[Source information]
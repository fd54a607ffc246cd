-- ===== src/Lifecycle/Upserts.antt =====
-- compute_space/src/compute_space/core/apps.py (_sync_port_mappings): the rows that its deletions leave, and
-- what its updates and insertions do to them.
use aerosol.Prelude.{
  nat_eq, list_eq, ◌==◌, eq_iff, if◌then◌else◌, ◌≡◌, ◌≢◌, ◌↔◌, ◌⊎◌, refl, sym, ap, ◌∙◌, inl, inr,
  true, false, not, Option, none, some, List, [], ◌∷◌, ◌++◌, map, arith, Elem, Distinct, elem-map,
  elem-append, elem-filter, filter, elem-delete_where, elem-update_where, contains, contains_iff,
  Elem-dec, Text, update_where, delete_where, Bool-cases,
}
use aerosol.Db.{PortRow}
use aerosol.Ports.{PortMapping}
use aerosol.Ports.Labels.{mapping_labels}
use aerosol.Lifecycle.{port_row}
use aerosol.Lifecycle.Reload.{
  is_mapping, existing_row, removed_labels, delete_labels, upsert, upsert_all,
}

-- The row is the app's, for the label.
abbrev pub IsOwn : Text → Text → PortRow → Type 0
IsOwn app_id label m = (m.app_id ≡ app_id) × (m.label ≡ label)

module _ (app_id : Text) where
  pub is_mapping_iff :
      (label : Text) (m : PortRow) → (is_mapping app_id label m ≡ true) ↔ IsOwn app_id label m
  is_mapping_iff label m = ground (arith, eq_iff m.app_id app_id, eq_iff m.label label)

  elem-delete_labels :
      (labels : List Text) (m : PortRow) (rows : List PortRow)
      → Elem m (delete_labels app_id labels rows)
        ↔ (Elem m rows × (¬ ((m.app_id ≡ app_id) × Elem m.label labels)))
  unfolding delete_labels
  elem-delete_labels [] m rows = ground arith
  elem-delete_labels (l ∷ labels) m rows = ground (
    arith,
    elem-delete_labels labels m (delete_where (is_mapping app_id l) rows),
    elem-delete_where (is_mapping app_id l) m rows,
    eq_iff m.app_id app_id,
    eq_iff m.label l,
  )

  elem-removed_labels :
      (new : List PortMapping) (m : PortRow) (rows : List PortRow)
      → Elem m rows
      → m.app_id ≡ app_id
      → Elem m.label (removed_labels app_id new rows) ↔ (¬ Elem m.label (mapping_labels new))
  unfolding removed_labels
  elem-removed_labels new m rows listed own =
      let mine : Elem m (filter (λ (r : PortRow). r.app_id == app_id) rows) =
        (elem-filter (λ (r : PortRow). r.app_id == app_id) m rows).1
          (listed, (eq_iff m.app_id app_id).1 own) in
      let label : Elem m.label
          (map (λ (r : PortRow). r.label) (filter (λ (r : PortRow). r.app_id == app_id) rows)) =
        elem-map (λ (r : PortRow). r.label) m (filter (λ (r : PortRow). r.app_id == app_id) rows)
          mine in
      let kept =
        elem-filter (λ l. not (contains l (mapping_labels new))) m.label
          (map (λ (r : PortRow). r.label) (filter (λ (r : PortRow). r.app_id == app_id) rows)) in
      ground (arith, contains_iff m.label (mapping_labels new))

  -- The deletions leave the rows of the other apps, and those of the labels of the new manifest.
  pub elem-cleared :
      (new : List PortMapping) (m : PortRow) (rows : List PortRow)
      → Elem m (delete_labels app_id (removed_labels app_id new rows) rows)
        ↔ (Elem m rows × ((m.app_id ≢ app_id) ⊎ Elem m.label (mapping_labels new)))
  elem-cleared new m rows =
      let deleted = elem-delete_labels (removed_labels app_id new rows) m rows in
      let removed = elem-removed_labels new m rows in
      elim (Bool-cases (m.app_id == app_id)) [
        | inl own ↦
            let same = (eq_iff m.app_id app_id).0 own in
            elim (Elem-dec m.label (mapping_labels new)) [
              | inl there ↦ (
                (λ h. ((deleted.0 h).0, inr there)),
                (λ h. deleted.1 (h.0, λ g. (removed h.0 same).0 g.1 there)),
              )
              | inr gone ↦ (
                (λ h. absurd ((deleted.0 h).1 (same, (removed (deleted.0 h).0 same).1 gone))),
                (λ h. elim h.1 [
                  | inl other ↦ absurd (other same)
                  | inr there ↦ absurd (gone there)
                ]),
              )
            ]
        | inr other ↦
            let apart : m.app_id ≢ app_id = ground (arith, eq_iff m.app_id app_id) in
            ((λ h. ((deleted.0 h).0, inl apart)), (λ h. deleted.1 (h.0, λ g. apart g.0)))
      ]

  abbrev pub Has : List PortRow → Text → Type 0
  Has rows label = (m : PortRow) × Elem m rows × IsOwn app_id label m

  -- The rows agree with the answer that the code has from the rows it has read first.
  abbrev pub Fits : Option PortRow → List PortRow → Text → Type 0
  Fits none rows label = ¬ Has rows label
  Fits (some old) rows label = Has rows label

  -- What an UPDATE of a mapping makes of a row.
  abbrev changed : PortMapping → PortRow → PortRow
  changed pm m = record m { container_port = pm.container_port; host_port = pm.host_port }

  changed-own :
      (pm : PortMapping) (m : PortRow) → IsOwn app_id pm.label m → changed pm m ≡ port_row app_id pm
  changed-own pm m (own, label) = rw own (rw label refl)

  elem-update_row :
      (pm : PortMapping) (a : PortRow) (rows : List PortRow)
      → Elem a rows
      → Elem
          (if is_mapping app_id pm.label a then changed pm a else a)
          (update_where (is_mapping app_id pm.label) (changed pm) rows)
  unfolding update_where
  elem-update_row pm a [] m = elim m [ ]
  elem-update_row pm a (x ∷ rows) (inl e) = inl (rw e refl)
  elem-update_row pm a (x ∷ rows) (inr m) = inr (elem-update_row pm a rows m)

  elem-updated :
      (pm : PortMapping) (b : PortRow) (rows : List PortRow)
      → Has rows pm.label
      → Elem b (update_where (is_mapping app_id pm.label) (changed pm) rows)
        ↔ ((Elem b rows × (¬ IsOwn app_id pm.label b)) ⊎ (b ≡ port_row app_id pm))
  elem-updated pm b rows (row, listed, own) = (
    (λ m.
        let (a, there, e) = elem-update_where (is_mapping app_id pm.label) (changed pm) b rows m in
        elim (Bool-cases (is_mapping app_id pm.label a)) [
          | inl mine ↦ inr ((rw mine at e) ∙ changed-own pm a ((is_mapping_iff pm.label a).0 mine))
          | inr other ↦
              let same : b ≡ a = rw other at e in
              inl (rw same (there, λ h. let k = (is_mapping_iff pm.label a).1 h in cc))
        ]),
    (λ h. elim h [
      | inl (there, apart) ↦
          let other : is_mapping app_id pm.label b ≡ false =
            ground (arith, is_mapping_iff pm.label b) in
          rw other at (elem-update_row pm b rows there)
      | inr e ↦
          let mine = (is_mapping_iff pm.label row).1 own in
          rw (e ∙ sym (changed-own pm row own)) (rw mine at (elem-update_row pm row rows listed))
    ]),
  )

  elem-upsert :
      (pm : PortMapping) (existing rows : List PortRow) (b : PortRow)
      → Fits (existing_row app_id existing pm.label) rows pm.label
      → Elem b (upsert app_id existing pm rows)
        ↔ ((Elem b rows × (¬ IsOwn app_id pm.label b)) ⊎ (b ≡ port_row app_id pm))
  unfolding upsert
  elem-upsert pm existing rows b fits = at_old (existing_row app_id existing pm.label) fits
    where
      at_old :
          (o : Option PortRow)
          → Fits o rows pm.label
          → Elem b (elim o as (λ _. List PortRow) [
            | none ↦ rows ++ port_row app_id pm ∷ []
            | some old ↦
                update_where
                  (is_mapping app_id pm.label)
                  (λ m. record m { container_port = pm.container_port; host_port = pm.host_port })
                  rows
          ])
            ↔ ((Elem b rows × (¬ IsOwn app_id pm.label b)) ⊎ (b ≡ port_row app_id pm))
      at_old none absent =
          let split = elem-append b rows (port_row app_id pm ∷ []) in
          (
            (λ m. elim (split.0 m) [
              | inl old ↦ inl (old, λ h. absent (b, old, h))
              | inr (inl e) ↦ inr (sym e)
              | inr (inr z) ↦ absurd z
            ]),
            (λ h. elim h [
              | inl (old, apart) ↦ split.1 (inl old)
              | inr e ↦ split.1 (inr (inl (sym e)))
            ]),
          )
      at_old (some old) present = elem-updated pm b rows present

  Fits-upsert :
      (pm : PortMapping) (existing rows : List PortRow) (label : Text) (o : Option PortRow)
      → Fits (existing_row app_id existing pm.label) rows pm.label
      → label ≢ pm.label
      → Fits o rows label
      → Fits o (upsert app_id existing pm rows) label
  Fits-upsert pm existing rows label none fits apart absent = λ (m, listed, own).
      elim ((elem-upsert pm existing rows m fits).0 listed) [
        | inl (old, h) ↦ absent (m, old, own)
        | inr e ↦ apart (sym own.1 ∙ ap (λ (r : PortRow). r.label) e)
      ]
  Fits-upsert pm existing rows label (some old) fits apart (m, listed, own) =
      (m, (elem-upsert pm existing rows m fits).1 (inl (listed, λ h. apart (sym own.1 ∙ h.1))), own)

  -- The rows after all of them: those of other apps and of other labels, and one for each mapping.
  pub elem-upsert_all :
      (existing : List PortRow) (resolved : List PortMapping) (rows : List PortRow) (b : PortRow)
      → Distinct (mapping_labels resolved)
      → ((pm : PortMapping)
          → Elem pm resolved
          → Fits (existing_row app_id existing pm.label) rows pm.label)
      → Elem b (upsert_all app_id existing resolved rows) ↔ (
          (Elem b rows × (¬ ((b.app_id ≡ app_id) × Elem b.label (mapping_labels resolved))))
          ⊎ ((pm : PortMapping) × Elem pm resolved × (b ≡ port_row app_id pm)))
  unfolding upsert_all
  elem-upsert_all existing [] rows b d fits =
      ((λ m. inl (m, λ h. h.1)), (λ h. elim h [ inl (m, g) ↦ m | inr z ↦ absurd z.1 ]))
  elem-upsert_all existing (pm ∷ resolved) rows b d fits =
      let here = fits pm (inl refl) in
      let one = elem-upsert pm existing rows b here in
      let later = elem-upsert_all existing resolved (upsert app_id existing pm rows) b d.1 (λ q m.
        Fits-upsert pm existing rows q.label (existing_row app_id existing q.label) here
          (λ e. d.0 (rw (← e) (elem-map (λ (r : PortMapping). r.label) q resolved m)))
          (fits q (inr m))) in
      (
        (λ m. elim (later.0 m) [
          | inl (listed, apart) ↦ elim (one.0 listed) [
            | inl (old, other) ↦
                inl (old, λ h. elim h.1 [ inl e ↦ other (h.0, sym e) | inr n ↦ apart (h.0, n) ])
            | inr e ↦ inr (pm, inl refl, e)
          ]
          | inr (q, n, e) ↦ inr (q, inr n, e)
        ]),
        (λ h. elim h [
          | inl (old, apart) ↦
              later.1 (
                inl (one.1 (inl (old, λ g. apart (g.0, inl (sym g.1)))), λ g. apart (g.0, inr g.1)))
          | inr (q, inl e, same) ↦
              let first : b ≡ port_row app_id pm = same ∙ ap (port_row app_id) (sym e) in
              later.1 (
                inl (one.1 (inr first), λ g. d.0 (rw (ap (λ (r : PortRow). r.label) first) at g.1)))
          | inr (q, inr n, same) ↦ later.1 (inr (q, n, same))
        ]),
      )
[/Source information]
**What to work on:** The response should hold exactly the lines starting at the line with "at_old none absent" and ending at the line with "split.1 (inl old)", and no other line of the material above.

**Written answer:**
      at_old none absent =
          let split = elem-append b rows (port_row app_id pm ∷ []) in
          (
            (λ m. elim (split.0 m) [
              | inl old ↦ inl (old, λ h. absent (b, old, h))
              | inr (inl e) ↦ inr (sym e)
              | inr (inr z) ↦ absurd z
            ]),
            (λ h. elim h [
              | inl (old, apart) ↦ split.1 (inl old)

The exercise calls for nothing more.